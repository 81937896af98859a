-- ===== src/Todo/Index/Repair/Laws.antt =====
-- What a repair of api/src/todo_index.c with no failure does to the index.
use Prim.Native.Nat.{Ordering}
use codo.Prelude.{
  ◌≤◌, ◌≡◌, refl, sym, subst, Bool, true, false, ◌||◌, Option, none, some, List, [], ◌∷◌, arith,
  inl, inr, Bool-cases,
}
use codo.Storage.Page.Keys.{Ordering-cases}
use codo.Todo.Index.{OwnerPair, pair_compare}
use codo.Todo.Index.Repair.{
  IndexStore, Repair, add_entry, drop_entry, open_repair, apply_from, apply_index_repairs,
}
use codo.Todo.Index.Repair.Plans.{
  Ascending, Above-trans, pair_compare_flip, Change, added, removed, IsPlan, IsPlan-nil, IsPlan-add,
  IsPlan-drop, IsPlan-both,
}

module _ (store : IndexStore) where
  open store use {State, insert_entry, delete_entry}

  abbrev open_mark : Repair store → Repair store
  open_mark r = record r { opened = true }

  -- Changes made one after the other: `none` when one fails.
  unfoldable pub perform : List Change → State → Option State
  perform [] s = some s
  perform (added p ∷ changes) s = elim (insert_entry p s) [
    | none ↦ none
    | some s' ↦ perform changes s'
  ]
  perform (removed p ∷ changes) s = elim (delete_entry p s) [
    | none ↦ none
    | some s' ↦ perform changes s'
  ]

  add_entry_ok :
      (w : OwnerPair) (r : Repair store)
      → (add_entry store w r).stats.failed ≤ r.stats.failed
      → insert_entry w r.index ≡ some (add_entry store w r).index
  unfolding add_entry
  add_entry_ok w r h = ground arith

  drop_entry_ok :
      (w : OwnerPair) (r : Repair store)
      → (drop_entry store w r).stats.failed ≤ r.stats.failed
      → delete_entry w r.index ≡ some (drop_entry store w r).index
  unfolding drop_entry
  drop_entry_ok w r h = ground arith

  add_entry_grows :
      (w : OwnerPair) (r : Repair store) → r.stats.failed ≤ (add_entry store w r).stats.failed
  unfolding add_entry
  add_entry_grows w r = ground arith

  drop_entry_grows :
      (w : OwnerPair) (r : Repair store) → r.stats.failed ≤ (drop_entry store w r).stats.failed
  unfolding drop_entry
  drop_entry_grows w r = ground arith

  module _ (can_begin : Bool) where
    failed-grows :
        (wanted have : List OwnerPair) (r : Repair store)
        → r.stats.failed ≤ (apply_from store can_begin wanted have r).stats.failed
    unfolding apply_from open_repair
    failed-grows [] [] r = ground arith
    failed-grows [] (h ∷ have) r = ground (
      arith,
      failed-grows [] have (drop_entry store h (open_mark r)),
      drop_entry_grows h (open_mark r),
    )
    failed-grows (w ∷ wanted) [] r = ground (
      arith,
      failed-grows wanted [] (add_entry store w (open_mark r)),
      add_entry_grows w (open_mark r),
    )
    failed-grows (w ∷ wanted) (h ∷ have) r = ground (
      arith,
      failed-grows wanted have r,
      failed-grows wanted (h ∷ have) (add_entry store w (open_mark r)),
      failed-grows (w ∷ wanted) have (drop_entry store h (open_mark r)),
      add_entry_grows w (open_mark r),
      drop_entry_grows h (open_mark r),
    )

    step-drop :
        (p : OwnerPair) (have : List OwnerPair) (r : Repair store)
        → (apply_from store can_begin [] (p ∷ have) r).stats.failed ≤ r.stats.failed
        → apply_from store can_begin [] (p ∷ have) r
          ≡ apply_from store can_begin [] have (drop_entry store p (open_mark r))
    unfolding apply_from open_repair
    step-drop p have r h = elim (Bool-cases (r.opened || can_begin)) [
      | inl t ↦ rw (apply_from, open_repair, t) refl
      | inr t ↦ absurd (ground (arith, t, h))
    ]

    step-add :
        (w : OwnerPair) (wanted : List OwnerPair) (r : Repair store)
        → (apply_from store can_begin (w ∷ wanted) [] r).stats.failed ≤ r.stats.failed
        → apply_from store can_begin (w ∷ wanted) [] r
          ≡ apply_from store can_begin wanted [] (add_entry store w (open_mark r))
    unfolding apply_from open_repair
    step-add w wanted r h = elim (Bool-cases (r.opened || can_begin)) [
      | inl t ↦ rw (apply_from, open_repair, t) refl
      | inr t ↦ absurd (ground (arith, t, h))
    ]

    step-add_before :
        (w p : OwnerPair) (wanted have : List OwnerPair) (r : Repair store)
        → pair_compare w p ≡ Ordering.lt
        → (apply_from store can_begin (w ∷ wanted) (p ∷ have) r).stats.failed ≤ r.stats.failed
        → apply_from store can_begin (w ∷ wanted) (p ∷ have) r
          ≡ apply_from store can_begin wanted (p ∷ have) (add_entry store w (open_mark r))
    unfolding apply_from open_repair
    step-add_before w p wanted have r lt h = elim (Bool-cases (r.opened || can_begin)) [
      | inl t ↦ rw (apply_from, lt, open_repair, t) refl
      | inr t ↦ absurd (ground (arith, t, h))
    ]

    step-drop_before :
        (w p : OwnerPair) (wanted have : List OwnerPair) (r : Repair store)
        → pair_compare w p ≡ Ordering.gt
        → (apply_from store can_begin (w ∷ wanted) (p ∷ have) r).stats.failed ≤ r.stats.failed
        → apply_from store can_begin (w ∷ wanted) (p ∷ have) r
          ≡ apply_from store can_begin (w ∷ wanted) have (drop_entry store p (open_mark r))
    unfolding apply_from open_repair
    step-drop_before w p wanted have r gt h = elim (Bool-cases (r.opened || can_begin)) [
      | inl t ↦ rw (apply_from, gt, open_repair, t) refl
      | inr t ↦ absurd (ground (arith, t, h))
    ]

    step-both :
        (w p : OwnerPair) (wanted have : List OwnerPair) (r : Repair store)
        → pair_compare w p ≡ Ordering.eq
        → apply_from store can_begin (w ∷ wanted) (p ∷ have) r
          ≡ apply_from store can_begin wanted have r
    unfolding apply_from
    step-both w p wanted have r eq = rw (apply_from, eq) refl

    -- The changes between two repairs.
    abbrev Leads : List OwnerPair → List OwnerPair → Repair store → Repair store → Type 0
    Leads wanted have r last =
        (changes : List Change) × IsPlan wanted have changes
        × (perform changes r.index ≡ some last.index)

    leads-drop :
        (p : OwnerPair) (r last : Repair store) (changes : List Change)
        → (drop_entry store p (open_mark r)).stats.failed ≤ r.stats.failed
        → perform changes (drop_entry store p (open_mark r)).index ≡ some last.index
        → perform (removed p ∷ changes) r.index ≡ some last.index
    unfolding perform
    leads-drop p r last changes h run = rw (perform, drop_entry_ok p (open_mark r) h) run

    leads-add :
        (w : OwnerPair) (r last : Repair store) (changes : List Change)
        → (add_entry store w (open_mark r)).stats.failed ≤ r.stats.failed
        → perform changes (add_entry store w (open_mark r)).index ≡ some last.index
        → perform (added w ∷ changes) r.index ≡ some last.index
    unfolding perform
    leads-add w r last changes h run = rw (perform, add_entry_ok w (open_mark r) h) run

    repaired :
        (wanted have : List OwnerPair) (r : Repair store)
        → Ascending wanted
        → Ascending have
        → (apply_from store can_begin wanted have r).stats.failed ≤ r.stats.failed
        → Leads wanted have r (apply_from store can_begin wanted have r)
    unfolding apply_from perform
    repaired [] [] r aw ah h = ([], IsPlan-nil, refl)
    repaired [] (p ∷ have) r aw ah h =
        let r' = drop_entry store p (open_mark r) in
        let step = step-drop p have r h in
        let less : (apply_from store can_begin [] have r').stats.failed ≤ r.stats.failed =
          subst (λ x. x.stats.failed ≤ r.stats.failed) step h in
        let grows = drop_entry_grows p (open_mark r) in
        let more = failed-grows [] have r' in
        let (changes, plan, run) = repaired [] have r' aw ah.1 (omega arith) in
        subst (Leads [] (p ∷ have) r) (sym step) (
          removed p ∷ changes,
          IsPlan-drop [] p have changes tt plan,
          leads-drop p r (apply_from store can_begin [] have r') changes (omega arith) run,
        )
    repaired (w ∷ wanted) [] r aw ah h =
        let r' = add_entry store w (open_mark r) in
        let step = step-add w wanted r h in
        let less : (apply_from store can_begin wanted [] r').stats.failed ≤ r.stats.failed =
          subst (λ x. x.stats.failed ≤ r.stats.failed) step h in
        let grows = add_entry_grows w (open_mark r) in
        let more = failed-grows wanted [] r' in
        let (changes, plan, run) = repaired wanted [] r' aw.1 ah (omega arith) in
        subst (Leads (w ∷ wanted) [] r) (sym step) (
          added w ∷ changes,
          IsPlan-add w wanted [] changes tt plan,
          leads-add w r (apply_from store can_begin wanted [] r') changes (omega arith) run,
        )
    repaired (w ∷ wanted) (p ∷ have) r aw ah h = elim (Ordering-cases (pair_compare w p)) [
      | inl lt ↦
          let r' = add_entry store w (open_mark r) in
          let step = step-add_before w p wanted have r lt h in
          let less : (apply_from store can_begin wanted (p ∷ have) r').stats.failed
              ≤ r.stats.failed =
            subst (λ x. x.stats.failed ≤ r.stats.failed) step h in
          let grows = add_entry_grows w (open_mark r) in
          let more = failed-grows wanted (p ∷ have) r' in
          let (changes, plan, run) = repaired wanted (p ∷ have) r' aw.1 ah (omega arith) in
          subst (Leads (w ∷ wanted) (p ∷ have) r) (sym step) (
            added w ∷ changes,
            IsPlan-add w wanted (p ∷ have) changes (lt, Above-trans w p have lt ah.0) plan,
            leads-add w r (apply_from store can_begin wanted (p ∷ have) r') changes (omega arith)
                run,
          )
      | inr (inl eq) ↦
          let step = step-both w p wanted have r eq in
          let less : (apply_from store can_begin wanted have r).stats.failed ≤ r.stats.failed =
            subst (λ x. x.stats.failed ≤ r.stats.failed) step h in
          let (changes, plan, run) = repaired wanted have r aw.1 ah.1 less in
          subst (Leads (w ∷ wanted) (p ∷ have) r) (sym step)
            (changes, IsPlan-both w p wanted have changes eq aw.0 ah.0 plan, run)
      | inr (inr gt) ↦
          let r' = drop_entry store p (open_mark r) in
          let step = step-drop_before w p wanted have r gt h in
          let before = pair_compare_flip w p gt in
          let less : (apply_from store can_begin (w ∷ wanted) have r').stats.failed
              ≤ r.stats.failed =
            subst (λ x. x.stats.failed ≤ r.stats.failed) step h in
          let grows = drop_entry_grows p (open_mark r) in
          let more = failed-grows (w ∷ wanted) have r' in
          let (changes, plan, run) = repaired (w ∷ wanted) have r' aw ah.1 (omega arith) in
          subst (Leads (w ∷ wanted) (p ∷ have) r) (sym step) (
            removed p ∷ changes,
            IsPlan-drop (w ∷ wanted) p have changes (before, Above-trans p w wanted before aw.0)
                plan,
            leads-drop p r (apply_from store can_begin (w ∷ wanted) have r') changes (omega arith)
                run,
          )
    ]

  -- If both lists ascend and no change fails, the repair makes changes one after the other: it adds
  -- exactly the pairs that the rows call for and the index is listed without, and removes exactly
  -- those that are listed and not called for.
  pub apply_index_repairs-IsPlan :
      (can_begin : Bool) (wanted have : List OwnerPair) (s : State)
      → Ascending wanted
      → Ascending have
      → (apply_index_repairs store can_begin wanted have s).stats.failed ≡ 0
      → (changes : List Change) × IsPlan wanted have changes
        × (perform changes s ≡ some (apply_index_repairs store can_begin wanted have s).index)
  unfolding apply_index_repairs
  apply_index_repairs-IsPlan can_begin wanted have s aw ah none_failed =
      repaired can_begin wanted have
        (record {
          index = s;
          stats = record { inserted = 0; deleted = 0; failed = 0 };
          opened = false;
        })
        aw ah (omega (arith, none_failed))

* * *

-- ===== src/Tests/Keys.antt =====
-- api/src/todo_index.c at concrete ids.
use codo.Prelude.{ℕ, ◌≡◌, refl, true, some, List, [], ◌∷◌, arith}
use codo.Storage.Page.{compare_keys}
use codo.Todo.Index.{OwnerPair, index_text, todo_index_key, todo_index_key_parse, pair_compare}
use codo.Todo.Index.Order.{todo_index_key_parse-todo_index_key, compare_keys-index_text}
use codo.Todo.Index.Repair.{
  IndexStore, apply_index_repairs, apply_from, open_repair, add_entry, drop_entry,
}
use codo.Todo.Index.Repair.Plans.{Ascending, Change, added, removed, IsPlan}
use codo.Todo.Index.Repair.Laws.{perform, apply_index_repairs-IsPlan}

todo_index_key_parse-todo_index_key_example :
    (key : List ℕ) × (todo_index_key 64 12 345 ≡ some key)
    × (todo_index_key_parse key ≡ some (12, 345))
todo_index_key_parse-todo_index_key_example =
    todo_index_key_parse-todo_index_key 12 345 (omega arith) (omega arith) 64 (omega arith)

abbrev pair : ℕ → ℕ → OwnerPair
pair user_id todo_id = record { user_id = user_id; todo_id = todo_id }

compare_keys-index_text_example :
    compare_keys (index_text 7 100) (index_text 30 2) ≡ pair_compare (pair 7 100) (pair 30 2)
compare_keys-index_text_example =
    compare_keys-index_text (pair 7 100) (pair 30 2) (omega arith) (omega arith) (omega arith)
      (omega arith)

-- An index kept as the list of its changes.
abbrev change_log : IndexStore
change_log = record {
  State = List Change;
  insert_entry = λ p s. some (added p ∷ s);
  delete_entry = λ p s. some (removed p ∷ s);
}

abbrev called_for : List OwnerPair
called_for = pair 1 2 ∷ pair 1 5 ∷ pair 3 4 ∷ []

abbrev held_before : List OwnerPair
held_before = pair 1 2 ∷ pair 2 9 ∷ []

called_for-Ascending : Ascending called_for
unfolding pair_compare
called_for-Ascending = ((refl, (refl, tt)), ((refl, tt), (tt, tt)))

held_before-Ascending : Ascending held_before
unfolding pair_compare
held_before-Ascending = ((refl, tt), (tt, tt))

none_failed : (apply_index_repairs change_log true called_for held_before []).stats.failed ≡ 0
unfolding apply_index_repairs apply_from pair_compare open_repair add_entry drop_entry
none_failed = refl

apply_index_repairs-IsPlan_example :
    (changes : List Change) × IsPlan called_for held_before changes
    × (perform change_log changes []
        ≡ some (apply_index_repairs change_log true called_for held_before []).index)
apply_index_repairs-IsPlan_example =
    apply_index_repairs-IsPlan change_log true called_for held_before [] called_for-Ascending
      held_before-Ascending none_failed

==

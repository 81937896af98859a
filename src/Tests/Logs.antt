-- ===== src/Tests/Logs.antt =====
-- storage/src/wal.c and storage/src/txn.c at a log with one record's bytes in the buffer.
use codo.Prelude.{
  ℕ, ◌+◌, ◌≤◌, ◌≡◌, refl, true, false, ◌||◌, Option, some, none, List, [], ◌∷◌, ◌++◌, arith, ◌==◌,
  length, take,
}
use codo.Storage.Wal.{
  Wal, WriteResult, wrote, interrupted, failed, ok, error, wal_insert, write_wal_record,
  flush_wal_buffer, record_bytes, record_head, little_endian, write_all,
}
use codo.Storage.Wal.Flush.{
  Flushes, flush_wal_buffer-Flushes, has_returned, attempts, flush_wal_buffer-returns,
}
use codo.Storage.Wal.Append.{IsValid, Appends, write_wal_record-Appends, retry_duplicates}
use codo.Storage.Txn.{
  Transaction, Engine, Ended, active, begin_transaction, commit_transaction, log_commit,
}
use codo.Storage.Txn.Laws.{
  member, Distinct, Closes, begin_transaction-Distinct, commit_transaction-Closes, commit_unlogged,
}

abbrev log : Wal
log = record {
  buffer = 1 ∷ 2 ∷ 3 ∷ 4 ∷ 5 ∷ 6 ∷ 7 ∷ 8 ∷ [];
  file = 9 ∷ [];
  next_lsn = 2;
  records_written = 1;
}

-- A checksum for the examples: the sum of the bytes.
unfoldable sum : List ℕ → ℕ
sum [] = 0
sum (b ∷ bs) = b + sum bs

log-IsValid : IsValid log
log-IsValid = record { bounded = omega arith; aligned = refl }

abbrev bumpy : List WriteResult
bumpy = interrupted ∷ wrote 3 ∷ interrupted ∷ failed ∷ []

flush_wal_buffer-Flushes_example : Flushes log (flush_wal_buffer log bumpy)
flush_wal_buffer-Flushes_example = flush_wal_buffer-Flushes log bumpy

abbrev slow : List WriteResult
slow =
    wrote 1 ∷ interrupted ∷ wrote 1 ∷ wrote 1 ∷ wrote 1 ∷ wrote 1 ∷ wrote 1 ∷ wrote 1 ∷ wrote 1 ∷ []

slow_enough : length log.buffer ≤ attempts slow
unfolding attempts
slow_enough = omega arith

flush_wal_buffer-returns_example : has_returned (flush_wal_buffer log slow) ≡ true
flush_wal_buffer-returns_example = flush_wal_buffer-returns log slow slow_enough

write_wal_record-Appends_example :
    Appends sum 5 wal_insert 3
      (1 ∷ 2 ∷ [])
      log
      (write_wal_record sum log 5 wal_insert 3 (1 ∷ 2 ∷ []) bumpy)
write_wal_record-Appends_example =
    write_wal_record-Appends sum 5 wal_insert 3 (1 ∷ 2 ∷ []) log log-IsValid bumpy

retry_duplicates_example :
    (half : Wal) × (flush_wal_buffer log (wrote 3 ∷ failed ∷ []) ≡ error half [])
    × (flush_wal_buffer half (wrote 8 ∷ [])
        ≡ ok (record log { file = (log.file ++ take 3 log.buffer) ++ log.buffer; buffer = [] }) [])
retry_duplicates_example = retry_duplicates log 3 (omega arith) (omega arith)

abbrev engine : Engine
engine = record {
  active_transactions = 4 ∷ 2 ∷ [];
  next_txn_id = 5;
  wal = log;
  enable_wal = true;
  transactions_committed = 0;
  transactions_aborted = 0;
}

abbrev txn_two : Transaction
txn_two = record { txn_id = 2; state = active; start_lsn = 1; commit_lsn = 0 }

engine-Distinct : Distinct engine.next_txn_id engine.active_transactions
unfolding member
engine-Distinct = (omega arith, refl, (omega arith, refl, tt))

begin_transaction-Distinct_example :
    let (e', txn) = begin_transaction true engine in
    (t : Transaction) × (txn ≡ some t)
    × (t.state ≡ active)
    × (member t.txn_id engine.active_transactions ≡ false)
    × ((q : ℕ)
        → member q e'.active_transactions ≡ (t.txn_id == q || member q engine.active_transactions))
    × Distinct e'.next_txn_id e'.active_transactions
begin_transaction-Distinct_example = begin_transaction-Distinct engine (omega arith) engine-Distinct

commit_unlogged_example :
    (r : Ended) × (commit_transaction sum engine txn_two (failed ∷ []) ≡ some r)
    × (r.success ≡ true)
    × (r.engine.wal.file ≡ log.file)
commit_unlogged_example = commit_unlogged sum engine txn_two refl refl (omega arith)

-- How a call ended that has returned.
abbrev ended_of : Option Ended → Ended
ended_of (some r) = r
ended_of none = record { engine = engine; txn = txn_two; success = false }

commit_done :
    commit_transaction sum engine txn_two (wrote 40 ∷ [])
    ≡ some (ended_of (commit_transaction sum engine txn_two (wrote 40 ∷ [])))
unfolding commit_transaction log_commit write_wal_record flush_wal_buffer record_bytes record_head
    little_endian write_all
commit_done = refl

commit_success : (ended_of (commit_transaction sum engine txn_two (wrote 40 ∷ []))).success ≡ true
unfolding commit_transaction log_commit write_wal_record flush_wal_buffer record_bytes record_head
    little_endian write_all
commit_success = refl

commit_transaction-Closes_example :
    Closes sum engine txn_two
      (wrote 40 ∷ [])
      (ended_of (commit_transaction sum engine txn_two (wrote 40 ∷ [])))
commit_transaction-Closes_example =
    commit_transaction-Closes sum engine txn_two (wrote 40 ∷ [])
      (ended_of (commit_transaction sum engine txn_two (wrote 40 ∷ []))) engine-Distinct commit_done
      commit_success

**Exercise goal**
Copy the stretch of the records above that runs from the line with "abbrev bumpy : List WriteResult" through the line with "slow_enough = omega arith". Both end lines belong in the copy, and nothing else does.

**Problem solution**
abbrev bumpy : List WriteResult
bumpy = interrupted ∷ wrote 3 ∷ interrupted ∷ failed ∷ []

flush_wal_buffer-Flushes_example : Flushes log (flush_wal_buffer log bumpy)
flush_wal_buffer-Flushes_example = flush_wal_buffer-Flushes log bumpy

abbrev slow : List WriteResult
slow =
    wrote 1 ∷ interrupted ∷ wrote 1 ∷ wrote 1 ∷ wrote 1 ∷ wrote 1 ∷ wrote 1 ∷ wrote 1 ∷ wrote 1 ∷ []

slow_enough : length log.buffer ≤ attempts slow
unfolding attempts
slow_enough = omega arith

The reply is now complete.